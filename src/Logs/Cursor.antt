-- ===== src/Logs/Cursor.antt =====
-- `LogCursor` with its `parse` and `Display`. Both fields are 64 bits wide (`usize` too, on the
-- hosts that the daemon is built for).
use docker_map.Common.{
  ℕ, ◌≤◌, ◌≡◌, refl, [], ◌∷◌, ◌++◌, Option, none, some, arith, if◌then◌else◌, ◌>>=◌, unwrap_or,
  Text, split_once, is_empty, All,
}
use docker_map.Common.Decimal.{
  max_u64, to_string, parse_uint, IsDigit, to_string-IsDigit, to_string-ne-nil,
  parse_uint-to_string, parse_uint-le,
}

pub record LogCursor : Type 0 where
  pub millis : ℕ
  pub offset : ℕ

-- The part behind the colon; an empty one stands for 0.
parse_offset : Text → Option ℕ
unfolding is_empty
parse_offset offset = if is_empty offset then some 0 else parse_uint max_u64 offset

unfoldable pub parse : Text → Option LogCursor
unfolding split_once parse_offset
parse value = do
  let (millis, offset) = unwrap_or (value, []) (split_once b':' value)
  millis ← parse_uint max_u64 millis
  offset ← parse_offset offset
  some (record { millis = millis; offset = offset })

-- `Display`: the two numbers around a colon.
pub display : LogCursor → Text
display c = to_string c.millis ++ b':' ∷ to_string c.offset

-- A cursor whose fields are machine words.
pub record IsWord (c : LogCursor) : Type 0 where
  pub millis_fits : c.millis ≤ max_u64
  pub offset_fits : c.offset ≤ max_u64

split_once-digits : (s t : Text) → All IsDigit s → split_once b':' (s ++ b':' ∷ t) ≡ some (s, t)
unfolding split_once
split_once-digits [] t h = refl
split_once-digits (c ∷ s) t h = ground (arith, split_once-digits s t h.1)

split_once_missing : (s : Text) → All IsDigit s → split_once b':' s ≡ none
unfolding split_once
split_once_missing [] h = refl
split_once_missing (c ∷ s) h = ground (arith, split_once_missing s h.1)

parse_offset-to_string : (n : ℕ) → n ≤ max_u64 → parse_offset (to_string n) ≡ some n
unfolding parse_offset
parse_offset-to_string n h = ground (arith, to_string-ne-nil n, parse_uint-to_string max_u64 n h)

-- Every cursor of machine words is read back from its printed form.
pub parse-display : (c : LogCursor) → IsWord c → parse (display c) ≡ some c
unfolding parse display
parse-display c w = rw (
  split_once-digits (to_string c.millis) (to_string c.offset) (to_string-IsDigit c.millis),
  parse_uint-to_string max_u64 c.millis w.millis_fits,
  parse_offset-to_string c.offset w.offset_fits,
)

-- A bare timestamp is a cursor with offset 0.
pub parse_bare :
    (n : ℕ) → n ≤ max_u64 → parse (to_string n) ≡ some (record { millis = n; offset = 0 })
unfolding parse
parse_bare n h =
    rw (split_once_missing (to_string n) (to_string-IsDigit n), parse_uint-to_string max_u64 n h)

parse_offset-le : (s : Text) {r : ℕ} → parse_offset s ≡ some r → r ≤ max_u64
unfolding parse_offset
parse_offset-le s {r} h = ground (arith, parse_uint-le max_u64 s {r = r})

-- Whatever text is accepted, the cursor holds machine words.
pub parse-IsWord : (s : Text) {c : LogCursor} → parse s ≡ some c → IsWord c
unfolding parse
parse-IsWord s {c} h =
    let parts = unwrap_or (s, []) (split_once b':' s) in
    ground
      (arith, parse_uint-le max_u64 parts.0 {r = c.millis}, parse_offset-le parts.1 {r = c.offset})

****

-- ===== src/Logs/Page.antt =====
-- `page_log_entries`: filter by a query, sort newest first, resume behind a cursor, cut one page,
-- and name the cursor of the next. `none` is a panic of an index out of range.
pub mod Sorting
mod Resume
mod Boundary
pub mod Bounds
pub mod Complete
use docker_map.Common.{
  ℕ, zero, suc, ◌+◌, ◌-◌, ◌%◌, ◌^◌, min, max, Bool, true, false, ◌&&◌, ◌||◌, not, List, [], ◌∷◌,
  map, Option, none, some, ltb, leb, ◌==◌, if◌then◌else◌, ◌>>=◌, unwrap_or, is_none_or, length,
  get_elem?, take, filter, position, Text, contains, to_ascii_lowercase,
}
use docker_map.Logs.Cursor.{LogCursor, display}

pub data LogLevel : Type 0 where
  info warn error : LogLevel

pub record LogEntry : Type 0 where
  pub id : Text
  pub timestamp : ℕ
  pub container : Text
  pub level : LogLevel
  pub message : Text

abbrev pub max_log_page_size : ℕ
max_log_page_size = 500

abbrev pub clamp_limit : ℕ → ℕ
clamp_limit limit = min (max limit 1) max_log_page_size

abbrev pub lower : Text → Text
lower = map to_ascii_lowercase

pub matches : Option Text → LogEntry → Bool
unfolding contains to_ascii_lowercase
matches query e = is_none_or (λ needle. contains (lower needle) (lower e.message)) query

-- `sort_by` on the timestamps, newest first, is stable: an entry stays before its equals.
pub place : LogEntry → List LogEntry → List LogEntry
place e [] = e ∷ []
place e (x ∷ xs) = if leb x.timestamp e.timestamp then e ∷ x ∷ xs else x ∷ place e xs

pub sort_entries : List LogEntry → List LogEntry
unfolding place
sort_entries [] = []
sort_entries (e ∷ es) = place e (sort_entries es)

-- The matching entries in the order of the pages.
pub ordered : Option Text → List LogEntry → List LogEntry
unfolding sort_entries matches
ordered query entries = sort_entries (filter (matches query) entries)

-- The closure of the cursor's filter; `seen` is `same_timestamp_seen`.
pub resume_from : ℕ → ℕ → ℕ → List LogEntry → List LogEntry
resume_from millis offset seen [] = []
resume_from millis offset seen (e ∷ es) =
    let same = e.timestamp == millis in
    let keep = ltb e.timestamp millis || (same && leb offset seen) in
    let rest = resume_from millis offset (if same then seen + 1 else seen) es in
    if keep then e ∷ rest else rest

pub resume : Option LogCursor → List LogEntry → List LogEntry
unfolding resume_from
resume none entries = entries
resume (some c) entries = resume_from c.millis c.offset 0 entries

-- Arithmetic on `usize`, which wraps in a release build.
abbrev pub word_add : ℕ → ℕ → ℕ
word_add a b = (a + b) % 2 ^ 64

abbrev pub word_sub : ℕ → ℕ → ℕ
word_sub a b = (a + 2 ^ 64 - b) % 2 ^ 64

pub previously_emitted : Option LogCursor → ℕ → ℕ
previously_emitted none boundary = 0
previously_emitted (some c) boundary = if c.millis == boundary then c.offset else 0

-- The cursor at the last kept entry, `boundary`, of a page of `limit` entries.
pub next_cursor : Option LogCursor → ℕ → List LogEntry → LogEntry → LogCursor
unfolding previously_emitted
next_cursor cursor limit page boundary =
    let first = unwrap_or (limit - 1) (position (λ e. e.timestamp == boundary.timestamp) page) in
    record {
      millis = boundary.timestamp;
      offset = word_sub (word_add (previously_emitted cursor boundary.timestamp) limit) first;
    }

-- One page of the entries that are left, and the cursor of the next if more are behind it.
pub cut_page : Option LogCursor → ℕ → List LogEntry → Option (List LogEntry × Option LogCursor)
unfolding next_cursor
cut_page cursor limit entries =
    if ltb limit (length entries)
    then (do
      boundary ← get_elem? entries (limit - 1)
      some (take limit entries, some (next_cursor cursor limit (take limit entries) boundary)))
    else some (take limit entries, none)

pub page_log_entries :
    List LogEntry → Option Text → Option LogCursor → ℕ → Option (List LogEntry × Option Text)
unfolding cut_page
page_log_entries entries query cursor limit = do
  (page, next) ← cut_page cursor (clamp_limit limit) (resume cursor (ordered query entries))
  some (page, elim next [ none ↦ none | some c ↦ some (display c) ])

****

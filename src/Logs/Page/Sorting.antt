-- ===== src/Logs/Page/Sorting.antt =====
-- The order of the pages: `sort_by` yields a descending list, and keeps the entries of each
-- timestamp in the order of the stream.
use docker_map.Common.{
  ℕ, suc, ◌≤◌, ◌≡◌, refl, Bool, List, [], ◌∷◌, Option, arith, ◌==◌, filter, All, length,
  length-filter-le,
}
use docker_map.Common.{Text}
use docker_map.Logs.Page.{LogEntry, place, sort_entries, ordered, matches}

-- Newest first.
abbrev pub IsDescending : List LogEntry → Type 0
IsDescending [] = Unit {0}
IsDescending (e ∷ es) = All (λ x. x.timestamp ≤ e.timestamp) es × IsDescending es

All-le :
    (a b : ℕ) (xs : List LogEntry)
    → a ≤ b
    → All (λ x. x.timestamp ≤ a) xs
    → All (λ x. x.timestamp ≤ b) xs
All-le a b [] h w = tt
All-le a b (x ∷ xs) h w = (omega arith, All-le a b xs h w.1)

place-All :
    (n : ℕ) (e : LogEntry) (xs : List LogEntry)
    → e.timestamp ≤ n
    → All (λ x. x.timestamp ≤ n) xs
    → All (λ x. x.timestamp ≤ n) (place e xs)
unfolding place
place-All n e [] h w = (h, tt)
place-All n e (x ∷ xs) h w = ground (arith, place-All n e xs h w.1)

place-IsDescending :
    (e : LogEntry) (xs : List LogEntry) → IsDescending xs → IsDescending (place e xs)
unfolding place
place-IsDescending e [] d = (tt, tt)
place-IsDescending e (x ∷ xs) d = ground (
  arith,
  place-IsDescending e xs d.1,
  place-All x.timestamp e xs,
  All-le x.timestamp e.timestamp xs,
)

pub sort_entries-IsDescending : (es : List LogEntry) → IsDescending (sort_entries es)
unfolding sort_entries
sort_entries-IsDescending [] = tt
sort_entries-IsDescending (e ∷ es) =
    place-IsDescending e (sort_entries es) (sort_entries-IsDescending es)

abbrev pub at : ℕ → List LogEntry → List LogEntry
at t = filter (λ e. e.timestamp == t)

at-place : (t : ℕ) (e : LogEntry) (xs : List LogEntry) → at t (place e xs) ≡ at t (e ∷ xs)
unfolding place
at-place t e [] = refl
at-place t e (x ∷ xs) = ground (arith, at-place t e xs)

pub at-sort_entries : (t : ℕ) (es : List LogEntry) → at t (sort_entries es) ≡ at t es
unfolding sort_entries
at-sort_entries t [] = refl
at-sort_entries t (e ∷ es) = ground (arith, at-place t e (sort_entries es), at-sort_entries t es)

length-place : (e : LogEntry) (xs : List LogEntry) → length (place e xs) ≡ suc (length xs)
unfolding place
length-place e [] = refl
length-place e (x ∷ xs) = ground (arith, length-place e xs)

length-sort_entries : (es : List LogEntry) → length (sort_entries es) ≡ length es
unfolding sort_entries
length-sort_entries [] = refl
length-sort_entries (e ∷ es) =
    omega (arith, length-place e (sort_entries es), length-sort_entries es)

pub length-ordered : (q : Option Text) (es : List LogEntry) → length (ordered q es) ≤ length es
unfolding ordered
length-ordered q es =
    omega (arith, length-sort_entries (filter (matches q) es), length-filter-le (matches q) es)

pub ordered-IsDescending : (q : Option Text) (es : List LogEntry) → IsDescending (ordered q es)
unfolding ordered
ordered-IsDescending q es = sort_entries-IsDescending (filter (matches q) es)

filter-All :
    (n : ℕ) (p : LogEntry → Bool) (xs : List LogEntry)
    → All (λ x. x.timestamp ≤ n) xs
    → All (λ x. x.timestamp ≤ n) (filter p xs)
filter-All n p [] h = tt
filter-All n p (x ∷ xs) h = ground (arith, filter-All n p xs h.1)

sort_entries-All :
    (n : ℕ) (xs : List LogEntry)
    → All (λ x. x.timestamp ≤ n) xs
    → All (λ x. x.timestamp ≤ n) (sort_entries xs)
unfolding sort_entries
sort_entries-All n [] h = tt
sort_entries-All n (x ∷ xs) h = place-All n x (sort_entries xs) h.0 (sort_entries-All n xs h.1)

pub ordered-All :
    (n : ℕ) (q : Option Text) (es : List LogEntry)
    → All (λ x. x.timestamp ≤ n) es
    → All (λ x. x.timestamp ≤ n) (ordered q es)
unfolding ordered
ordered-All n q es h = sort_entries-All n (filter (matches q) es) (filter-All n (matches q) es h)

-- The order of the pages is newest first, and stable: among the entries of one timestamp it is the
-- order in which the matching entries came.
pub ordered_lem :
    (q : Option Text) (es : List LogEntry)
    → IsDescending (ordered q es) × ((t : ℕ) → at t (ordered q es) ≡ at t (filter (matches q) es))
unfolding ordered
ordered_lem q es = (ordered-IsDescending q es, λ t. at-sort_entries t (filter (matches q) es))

****

PROBLEM TO SOLVE:
From the data above, output only the lines between the line containing "clamp_limit limit = min" and the line containing "let keep = ltb", inclusive, exactly as written.

RESULT FOR THIS TASK:
clamp_limit limit = min (max limit 1) max_log_page_size

abbrev pub lower : Text → Text
lower = map to_ascii_lowercase

pub matches : Option Text → LogEntry → Bool
unfolding contains to_ascii_lowercase
matches query e = is_none_or (λ needle. contains (lower needle) (lower e.message)) query

-- `sort_by` on the timestamps, newest first, is stable: an entry stays before its equals.
pub place : LogEntry → List LogEntry → List LogEntry
place e [] = e ∷ []
place e (x ∷ xs) = if leb x.timestamp e.timestamp then e ∷ x ∷ xs else x ∷ place e xs

pub sort_entries : List LogEntry → List LogEntry
unfolding place
sort_entries [] = []
sort_entries (e ∷ es) = place e (sort_entries es)

-- The matching entries in the order of the pages.
pub ordered : Option Text → List LogEntry → List LogEntry
unfolding sort_entries matches
ordered query entries = sort_entries (filter (matches query) entries)

-- The closure of the cursor's filter; `seen` is `same_timestamp_seen`.
pub resume_from : ℕ → ℕ → ℕ → List LogEntry → List LogEntry
resume_from millis offset seen [] = []
resume_from millis offset seen (e ∷ es) =
    let same = e.timestamp == millis in
    let keep = ltb e.timestamp millis || (same && leb offset seen) in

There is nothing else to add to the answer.